Хотя Эверетт Прескотт и делает все возможное, чтобы играть эту роль.
С тех самых пор, как мы вернулись после панихиды, Эверетт практически не отходит от меня. Он все время доливает мне вино в бокал, приносит всякие кусочки на тарелке, и меня уже начинает немного раздражать его внимание, потому что он не дает мне ни минутки побыть с самой собой. Даже когда я ухожу в кухню, чтобы взять еще тарелку сыра и крекеры из холодильника, он следует за мной и маячит рядом, пока я сдираю пластиковую обертку с подноса.
– Чем-нибудь помочь, Холли? Я понимаю, как тебе тяжело иметь дело с таким количеством гостей.
– Ничего, справлюсь. Не хочу, чтобы кто-то остался голодным.
– Давай это мне. А напитки? Открыть еще несколько бутылок вина?
– Все под контролем. Успокойся, Эверетт. Это всего лишь друзья и соседи отца. Он бы наверняка не хотел, чтобы мы тут слишком уж напрягались.
Эверетт вздыхает:
– Жаль, я не знал твоего отца.
– Ты бы ему понравился. Он всегда говорил, что ему наплевать, богат человек или беден, пока он ко мне хорошо относится.

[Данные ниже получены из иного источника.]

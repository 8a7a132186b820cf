-- ===== src/Serialization.antt =====
-- internal/serialization/to_anthropic.go: responses and streams in the dialect of Anthropic.
pub mod Canonical
pub mod AnthropicMessage
pub mod AnthropicState
pub mod AnthropicStream
pub mod Protocol
pub mod OpenBlocks
pub mod Tracking
pub mod Acceptance
pub mod ToolUse
pub mod OpenAiStream
pub mod OpenAiMessage
pub mod OpenAiCalls
pub mod OpenAiClient
pub mod OpenAiSteps
pub mod OpenAiArguments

– Я стараюсь, – с улыбкой говорит Эверетт.
Он берет поднос с сыром и крекерами, и мы возвращаемся в столовую, где меня встречают утомительные сочувственные взгляды. Я пополняю тарелки на столе, поправляю вазы с цветами. Люди принесли столько этих треклятых лилий, меня тошнит от их запаха. Не могу не рассматривать букеты – вдруг где-нибудь попадется пальмовый лист, но там, конечно, ничего такого нет. Мартин Станек мертв. Он не сможет мне повредить.
– Твой отец совершил настоящий подвиг, Холли. Мы должны быть благодарны ему, – говорит Элейн Койл.
Мать Кассандры стоит с тарелкой закусок в одной руке и бокалом вина в другой. Недавно ее бывший муж Мэтью покинул этот мир, проведя несколько недель без сознания, но Элейн безмятежна и элегантна все в том же черном платье, в каком она была на похоронах дочери в прошлом месяце.
– Будь у меня малейшая возможность, я бы сама пристрелила этого сукина сына. Знаю, что я не единственная, кто так думает. – Она показывает на женщину, стоящую рядом с ней. – Ты ведь помнишь маму Билли Салливана?
Я много лет не видела Сьюзен Салливан, но внешне она ничуть не постарела с нашей последней встречи. Ее неизменно светлые волосы уложены и идеально покрыты лаком, а лицо пугающе гладко. Кажется, богатство пошло ей на пользу.
Я пожимаю руку Сьюзен:
– Спасибо, что пришли, миссис Салливан.
– Мы все так огорчены, Холли. Твой отец был настоящим героем.
Элейн стискивает локоть Сьюзен:
– И сколько же мужества вам потребовалось, чтобы прийти сюда. Ведь совсем недавно Билли… – Ее голос затихает.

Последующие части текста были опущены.